My point is–Lisa isn’t alone in her opinion. And whatever attention we can bring to breastfeeding is important. So back to the Nurse-In.
It was fun! We were asked to leave the property soon after we arrived. So we went across the street where a business agreed to let us sit in their grassy space. News 4 was there and Kelly from the Parent Examiner. We sat in the grass and did the usual playdate stuff except there were cameras, signs, and we were on the highway! Norah asked if we were teaching mean people how to nurse their babies.
You can view better pictures by viewing the slideshow at the Parent Examiner’s coverage.
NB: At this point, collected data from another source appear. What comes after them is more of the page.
-- ===== src/Store.antt =====
-- The backup file as a whole (backupSession.c): its tree, the requests written into it, and what is
-- read back after a reboot.
pub mod Node
pub mod Requests
pub mod Writers
pub mod DuWriters
pub mod Request
pub mod Readers
pub mod States
pub mod Search
pub mod Written
pub mod Delete
pub mod RoundTrip
pub mod Loading
pub mod LoadEvent
pub mod Reload
pub mod LoadSaved
pub mod Events
pub mod Refine
pub mod Keeps
pub mod Sorted
pub mod Disk
pub mod DuRoundTrip
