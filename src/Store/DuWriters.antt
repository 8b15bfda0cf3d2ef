-- ===== src/Store/DuWriters.antt =====
-- The functions of backupSession.c that insert and delete changes of the state of deployment units, and their
-- results.
use icwmp.Prelude.{Bool, some, List, [], ◌∷◌}
use icwmp.Prelude.Text.{Text, codes}
use icwmp.Store.Node.{Node, null, SearchKeywords, key, insert_all, insert_node, delete_found}
use icwmp.Store.Requests.{
  Operation, du_install, du_update, du_uninstall, ChangeDuState, OpResult, DuStateChangeComplete,
}
use icwmp.Store.Writers.{number}

-- The children of a node for an operation.
unfoldable pub insert_operation : Node → Operation → Node
insert_operation b p = elim p.type [
  | du_install ↦ insert_node b (codes "install") (
      insert_all null (
        key "url" p.url
        ∷ key "uuid" p.uuid
        ∷ key "username" p.username
        ∷ key "password" p.password
        ∷ key "executionenvref" p.executionenvref
        ∷ []))
  | du_uninstall ↦ insert_node b (codes "uninstall") (
      insert_all null (
        key "uuid" p.uuid ∷ key "version" p.version ∷ key "executionenvref" p.executionenvref ∷ []))
  | du_update ↦ insert_node b (codes "upgrade") (
      insert_all null (
        key "url" p.url
        ∷ key "uuid" p.uuid
        ∷ key "username" p.username
        ∷ key "password" p.password
        ∷ key "version" p.version
        ∷ []))
]

unfoldable pub insert_operations : Node → List Operation → Node
unfolding insert_operation
insert_operations b [] = b
insert_operations b (p ∷ ps) = insert_operations (insert_operation b p) ps

abbrev pub change_du_state_keys : ChangeDuState → List SearchKeywords
change_du_state_keys r = key "command_key" r.command_key ∷ key "time" (number r.timeout) ∷ []

-- Nothing is looked for here.
unfoldable pub bkp_session_insert_change_du_state : Node → ChangeDuState → Node
unfolding insert_operations
bkp_session_insert_change_du_state t r =
    insert_node t (codes "change_du_state")
      (insert_operations (insert_all null (change_du_state_keys r)) r.list_operation)

unfoldable pub bkp_session_delete_change_du_state : Node → ChangeDuState → Node
bkp_session_delete_change_du_state t r =
    delete_found t (codes "change_du_state") (change_du_state_keys r)

abbrev pub du_state_change_complete_keys : DuStateChangeComplete → List SearchKeywords
du_state_change_complete_keys r =
    key "command_key" r.command_key ∷ key "time" (number r.timeout) ∷ []

-- `sprintf(resolved, "%b", …)` is an argument: the C library has had no such conversion until lately.
module _ (sprintf_b : Bool → Text) where
  unfoldable pub insert_opresult : Node → OpResult → Node
  insert_opresult b p = insert_node b (codes "opresult") (
      insert_all null (
        key "uuid" p.uuid
        ∷ key "du_ref" p.du_ref
        ∷ key "version" p.version
        ∷ key "current_state" p.current_state
        ∷ key "resolved" (some (sprintf_b p.resolved))
        ∷ key "execution_unit_ref" p.execution_unit_ref
        ∷ key "start_time" p.start_time
        ∷ key "complete_time" p.complete_time
        ∷ key "fault" (number p.fault)
        ∷ []))

  unfoldable pub insert_opresults : Node → List OpResult → Node
  unfolding insert_opresult
  insert_opresults b [] = b
  insert_opresults b (p ∷ ps) = insert_opresults (insert_opresult b p) ps

  unfoldable pub bkp_session_insert_du_state_change_complete : Node → DuStateChangeComplete → Node
  unfolding insert_opresults
  bkp_session_insert_du_state_change_complete t r =
      insert_node t (codes "du_state_change_complete")
        (insert_opresults (insert_all null (du_state_change_complete_keys r)) r.list_opresult)

unfoldable pub bkp_session_delete_du_state_change_complete : Node → DuStateChangeComplete → Node
bkp_session_delete_du_state_change_complete t r =
    delete_found t (codes "du_state_change_complete") (du_state_change_complete_keys r)
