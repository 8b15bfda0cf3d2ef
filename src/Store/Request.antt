-- ===== src/Store/Request.antt =====
-- All kinds of requests of the backup file together, to state what holds of each. `save_request` and
-- `delete_request` are the functions bkp_session_insert_* and bkp_session_delete_* of backupSession.c.
use icwmp.Prelude.{Bool, Option, none, some, List}
use icwmp.Prelude.Text.{Text, codes}
use icwmp.Store.Node.{Node, null, insert_all, SearchKeywords}
use icwmp.Store.Requests.{
  ScheduleInform, Download, ScheduleDownload, ApplyScheduleDownload, ChangeDuState, Upload,
  TransferComplete, DuStateChangeComplete,
}
use icwmp.Store.Writers.{
  schedule_inform_keys, download_keys, schedule_download_keys, apply_schedule_download_keys,
  apply_schedule_download_insert_keys, upload_keys, transfer_complete_keys,
  transfer_complete_fields, bkp_session_insert_schedule_inform, bkp_session_insert_download,
  bkp_session_insert_schedule_download, bkp_session_insert_apply_schedule_download,
  bkp_session_insert_upload, bkp_session_insert_transfer_complete,
  bkp_session_delete_schedule_inform, bkp_session_delete_download,
  bkp_session_delete_schedule_download, bkp_session_delete_apply_schedule_download,
  bkp_session_delete_upload, bkp_session_delete_transfer_complete,
}
use icwmp.Store.DuWriters.{
  change_du_state_keys, du_state_change_complete_keys, insert_operations, insert_opresults,
  bkp_session_insert_change_du_state, bkp_session_delete_change_du_state,
  bkp_session_insert_du_state_change_complete, bkp_session_delete_du_state_change_complete,
}

pub data Request : Type 0 where
  schedule_inform : ScheduleInform → Request
  download : Download → Request
  schedule_download : ScheduleDownload → Request
  apply_schedule_download : ApplyScheduleDownload → Request
  change_du_state : ChangeDuState → Request
  upload : Upload → Request
  transfer_complete : TransferComplete → Request
  du_state_change_complete : DuStateChangeComplete → Request

abbrev pub node_name : Request → Text
node_name (schedule_inform r) = codes "schedule_inform"
node_name (download r) = codes "download"
node_name (schedule_download r) = codes "schedule_download"
node_name (apply_schedule_download r) = codes "apply_schedule_download"
node_name (change_du_state r) = codes "change_du_state"
node_name (upload r) = codes "upload"
node_name (transfer_complete r) = codes "transfer_complete"
node_name (du_state_change_complete r) = codes "du_state_change_complete"

-- The keys by which the request is deleted.
abbrev pub delete_keys : Request → List SearchKeywords
delete_keys (schedule_inform r) = schedule_inform_keys r
delete_keys (download r) = download_keys r
delete_keys (schedule_download r) = schedule_download_keys r
delete_keys (apply_schedule_download r) = apply_schedule_download_keys r
delete_keys (change_du_state r) = change_du_state_keys r
delete_keys (upload r) = upload_keys r
delete_keys (transfer_complete r) = transfer_complete_keys r
delete_keys (du_state_change_complete r) = du_state_change_complete_keys r

-- The keys by which an earlier copy is looked for, where one is.
abbrev pub insert_keys : Request → Option (List SearchKeywords)
insert_keys (apply_schedule_download r) = some (apply_schedule_download_insert_keys r)
insert_keys (change_du_state r) = none
insert_keys (du_state_change_complete r) = none
insert_keys q = some (delete_keys q)

abbrev pub delete_request : Node → Request → Node
delete_request t (schedule_inform r) = bkp_session_delete_schedule_inform t r
delete_request t (download r) = bkp_session_delete_download t r
delete_request t (schedule_download r) = bkp_session_delete_schedule_download t r
delete_request t (apply_schedule_download r) = bkp_session_delete_apply_schedule_download t r
delete_request t (change_du_state r) = bkp_session_delete_change_du_state t r
delete_request t (upload r) = bkp_session_delete_upload t r
delete_request t (transfer_complete r) = bkp_session_delete_transfer_complete t r
delete_request t (du_state_change_complete r) = bkp_session_delete_du_state_change_complete t r

module _ (sprintf_b : Bool → Text) where
  abbrev pub save_request : Node → Request → Node
  save_request t (schedule_inform r) = bkp_session_insert_schedule_inform t r
  save_request t (download r) = bkp_session_insert_download t r
  save_request t (schedule_download r) = bkp_session_insert_schedule_download t r
  save_request t (apply_schedule_download r) = bkp_session_insert_apply_schedule_download t r
  save_request t (change_du_state r) = bkp_session_insert_change_du_state t r
  save_request t (upload r) = bkp_session_insert_upload t r
  save_request t (transfer_complete r) = bkp_session_insert_transfer_complete t r
  save_request t (du_state_change_complete r) =
      bkp_session_insert_du_state_change_complete sprintf_b t r

  -- The children of the node that is written.
  abbrev pub children : Request → Node
  children (change_du_state r) =
      insert_operations (insert_all null (change_du_state_keys r)) r.list_operation
  children (du_state_change_complete r) =
      insert_opresults sprintf_b (insert_all null (du_state_change_complete_keys r)) r.list_opresult
  children (transfer_complete r) = insert_all null (transfer_complete_fields r)
  children q = insert_all null (delete_keys q)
Take a look. Get a good look at a nursing mom. We’re a terribly offensive bunch aren’t we? Scary stuff. One mom showed up who is no longer nursing. She chose to show some cleavage and she held a sign that said, “I’m showing more than a breastfeeding mom.”
Then the real fun began. A guy from the “Rise Guys” on 93.3 showed up in a strange costume wearing a bra and holding a sign that said, “I like boobs.” He marched about singing songs like “Amazing Grace.” I do not think he helped our cause.
In short, a group of women (and a rise guy) came together to stand up to bullies like Lisa. And not just in Greenville. In cities across the country, they gathered outside radio stations that air the Russ and Lisa show.
My husband was so very proud.
Good for you! I’m disgusted by Lisa’s comments and can’t believe she is using her “forum” to attack mothers. Just disgraceful…
I nursed Emmett all up and down the East coast his first 2 weeks of life… and not all that discretely either, because I am still getting the hang of it! I wonder how many narrow minded folks I offended… fortunately none of them said anything! I even nursed him at the cemetery while well over 100 people were looking in my general direction. I think my brother would have been proud.
I’m so glad you all got together and stood up for us nursing moms, very cool!
What a lovely synopsis! Elizabeth, who organized the nurse-in, said it well: If one mama feels more comfortable or empowered to nurse her baby, then what we did was successful.
oh goodness…this got to me. i really don’t like that she used the word “disgusting” to describe a breastfeeding mom. this is appalling to me!!! people can be so clueless… yes, she’s entitled to her opinion but, she was downright rude and offensive. oh i could keep going…especially w/her saying “moms can stay home…”ugh!!!
I hadn’t read the transcript until now. Lisa just sounded odd by repeatedly saying she though breastfeeding was great and the best thing for the baby, but then she didn’t want you to nurse anywhere but your car or home. Just sad, especially since she is on the radio. She will have a lot of influence on people without even having to try that hard. I liked the other person, who was asking the questions. Sounds like they disagreed with her, just didn’t come out and say it.